Every line in the data below that has the word "about" should be returned.

● **Listed records**
- - - - -

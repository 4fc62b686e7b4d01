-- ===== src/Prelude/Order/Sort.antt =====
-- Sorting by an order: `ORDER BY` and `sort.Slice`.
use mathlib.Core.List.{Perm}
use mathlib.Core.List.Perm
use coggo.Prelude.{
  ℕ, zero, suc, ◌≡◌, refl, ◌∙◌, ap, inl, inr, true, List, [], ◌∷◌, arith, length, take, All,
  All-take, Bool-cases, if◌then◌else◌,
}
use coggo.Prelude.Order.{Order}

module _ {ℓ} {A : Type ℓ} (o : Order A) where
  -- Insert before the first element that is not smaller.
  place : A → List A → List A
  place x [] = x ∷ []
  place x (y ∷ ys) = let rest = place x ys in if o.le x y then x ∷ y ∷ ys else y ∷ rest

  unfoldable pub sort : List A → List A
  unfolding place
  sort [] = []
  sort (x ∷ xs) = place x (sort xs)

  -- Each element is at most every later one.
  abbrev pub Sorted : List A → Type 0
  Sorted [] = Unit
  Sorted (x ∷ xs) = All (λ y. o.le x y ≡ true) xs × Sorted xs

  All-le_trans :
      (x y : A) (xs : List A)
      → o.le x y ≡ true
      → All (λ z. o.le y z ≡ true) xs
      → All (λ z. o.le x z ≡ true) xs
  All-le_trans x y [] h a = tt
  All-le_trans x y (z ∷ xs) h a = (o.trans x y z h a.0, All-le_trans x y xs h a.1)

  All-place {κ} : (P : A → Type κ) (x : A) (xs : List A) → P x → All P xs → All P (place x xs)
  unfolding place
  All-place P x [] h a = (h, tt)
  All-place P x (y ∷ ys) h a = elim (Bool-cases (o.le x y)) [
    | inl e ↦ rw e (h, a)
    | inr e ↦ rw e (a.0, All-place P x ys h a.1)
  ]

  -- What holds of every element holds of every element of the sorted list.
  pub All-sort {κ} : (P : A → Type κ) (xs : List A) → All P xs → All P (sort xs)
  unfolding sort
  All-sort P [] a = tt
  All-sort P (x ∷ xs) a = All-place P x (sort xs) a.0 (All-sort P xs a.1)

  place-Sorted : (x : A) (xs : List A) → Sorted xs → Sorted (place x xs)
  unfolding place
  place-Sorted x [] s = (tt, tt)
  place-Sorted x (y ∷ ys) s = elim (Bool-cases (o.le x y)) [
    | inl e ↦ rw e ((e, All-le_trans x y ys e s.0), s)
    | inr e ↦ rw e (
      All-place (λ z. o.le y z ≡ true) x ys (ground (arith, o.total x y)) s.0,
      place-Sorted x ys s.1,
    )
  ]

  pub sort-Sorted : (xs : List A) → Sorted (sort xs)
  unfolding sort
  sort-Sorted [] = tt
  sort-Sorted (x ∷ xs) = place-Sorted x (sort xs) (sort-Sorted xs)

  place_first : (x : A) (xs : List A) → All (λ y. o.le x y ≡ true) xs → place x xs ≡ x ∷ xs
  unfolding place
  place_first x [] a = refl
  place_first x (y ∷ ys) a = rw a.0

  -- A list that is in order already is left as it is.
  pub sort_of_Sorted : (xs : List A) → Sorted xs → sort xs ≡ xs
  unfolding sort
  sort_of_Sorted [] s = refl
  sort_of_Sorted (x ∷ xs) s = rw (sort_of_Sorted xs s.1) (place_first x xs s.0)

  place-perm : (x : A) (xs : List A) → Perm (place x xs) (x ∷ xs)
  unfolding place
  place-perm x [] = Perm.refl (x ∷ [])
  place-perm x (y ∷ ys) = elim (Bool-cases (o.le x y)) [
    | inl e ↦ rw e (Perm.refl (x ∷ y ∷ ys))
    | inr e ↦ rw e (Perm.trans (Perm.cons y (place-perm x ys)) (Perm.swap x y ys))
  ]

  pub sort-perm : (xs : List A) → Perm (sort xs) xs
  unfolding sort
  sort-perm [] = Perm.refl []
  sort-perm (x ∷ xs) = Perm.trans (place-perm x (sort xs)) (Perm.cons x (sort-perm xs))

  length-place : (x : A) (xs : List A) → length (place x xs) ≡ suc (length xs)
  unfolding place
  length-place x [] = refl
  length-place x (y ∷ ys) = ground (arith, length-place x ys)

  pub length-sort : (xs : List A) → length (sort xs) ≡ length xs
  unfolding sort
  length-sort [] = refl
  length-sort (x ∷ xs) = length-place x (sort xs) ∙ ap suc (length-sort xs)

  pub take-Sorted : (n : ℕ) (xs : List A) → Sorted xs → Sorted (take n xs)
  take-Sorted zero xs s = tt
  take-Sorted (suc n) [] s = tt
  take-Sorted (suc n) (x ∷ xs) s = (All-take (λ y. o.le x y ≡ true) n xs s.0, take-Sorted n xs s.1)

- - - - -

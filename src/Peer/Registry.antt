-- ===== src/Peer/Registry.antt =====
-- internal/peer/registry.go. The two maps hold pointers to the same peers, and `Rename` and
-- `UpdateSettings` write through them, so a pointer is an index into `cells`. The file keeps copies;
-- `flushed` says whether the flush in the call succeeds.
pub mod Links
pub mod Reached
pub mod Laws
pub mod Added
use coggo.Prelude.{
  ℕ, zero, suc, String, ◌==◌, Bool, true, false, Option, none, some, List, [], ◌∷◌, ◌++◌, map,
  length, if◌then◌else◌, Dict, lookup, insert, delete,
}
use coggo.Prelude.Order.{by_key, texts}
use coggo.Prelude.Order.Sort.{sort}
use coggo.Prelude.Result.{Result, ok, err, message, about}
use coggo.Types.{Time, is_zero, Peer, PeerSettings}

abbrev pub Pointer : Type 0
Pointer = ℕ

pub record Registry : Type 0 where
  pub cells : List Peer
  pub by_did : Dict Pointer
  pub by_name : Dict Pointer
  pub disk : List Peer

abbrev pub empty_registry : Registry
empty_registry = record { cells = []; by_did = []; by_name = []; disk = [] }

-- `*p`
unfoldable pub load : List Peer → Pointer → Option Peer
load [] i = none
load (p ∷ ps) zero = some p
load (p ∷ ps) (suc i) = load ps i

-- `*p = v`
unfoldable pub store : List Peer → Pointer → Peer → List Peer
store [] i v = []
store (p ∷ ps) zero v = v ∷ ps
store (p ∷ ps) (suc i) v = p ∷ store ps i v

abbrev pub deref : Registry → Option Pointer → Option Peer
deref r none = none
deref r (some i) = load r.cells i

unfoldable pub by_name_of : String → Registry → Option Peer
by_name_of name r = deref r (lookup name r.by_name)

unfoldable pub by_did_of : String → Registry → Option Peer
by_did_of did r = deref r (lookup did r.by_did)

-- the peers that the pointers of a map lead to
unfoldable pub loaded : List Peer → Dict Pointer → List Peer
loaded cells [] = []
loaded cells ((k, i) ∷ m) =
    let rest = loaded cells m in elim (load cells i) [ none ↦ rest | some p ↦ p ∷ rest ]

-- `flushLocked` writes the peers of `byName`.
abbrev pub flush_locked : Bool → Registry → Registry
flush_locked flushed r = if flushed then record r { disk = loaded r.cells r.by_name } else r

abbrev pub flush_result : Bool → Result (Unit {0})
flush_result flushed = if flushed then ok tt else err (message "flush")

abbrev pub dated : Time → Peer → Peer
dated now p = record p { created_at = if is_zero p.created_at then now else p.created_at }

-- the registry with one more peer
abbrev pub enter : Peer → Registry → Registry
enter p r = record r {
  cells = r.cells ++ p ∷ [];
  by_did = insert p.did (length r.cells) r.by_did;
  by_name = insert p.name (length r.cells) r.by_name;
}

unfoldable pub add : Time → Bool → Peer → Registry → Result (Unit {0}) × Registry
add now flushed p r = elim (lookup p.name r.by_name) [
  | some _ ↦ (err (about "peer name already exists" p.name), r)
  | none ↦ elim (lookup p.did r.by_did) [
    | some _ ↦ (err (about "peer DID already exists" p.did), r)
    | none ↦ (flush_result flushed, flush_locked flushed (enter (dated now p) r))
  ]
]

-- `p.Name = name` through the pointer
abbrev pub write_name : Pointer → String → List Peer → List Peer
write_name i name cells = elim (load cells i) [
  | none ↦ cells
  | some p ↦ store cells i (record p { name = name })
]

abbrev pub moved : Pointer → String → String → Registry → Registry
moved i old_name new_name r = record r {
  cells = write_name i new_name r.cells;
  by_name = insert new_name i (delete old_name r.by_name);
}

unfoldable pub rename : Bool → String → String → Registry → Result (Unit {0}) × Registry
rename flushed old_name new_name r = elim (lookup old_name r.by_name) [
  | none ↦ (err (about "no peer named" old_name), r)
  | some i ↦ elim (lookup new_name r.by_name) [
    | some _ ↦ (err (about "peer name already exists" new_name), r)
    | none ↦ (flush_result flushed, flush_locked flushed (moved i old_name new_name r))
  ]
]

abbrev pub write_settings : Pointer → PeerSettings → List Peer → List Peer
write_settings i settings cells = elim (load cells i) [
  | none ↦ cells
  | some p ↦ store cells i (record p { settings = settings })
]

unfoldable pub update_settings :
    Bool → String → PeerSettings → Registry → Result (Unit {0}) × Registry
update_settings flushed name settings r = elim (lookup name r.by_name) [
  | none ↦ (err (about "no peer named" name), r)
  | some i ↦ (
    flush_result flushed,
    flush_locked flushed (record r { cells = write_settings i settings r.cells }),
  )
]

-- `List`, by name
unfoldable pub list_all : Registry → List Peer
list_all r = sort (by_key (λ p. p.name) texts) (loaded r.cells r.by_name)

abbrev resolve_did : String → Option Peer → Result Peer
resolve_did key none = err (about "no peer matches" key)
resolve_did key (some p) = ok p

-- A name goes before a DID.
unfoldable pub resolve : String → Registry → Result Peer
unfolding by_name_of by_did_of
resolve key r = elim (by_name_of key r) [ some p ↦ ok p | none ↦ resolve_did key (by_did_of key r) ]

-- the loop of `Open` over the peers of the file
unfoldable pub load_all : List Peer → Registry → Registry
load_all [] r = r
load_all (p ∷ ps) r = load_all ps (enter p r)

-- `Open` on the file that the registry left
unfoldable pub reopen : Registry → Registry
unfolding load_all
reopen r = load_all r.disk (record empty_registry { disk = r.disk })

- - - - -

● **Finished task**
use coggo.Prelude.Result.{Result, ok, err, message, about}
  | some _ ↦ (err (about "peer name already exists" p.name), r)
    | some _ ↦ (err (about "peer DID already exists" p.did), r)
  | none ↦ (err (about "no peer named" old_name), r)
    | some _ ↦ (err (about "peer name already exists" new_name), r)
  | none ↦ (err (about "no peer named" name), r)
resolve_did key none = err (about "no peer matches" key)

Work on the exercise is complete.